TASK DETAILS — Within this material, find every line where the string "abbrev" appears, and copy it out.

DATASET EXTRACT —
-------------------------

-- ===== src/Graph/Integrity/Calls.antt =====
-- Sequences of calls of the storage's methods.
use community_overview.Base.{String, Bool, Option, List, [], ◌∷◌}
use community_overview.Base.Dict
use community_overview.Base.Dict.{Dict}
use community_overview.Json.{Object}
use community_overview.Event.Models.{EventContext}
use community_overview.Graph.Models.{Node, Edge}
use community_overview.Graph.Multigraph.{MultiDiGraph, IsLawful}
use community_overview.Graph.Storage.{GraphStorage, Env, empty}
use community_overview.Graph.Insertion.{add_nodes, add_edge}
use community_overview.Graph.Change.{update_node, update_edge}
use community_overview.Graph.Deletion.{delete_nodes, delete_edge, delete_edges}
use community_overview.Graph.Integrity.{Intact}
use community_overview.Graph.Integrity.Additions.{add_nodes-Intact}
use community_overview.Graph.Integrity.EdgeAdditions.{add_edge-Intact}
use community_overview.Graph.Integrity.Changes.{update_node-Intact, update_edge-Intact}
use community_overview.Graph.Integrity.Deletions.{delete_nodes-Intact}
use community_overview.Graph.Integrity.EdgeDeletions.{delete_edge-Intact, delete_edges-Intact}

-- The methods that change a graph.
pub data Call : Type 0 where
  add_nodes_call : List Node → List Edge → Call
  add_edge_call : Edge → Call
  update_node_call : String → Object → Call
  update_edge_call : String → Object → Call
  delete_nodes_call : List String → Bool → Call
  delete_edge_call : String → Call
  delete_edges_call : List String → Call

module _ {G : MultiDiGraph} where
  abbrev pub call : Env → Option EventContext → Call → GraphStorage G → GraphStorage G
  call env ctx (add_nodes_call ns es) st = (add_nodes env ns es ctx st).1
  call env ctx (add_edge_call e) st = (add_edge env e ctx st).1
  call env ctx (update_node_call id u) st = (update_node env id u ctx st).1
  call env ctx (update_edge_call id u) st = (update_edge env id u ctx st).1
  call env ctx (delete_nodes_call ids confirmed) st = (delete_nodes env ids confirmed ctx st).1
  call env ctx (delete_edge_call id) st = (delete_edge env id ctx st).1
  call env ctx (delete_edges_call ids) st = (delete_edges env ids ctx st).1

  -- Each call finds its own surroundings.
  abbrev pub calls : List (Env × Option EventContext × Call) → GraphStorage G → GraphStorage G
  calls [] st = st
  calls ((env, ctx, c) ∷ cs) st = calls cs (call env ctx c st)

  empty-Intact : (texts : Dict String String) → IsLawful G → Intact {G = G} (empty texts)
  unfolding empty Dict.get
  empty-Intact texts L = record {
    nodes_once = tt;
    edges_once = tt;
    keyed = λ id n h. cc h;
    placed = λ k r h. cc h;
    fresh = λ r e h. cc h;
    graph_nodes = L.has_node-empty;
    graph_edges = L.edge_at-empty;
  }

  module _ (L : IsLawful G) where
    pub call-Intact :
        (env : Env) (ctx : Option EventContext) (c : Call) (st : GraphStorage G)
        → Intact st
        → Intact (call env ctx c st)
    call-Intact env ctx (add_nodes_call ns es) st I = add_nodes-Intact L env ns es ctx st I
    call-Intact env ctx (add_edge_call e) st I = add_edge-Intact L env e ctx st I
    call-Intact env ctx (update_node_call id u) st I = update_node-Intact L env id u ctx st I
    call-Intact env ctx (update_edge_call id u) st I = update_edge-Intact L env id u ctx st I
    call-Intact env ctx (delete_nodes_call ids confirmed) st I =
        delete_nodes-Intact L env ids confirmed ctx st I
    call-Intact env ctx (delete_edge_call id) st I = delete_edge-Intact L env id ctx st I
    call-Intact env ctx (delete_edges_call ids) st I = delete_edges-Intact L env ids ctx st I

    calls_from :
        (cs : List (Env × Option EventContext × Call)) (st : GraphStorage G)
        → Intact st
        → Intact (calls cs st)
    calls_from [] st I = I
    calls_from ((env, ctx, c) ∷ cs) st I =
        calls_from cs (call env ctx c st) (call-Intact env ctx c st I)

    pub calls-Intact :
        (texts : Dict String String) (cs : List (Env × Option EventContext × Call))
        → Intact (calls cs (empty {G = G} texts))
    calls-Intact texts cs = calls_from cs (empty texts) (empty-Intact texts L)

-------------------------

WRITTEN SOLUTION —
  abbrev pub call : Env → Option EventContext → Call → GraphStorage G → GraphStorage G
  abbrev pub calls : List (Env × Option EventContext × Call) → GraphStorage G → GraphStorage G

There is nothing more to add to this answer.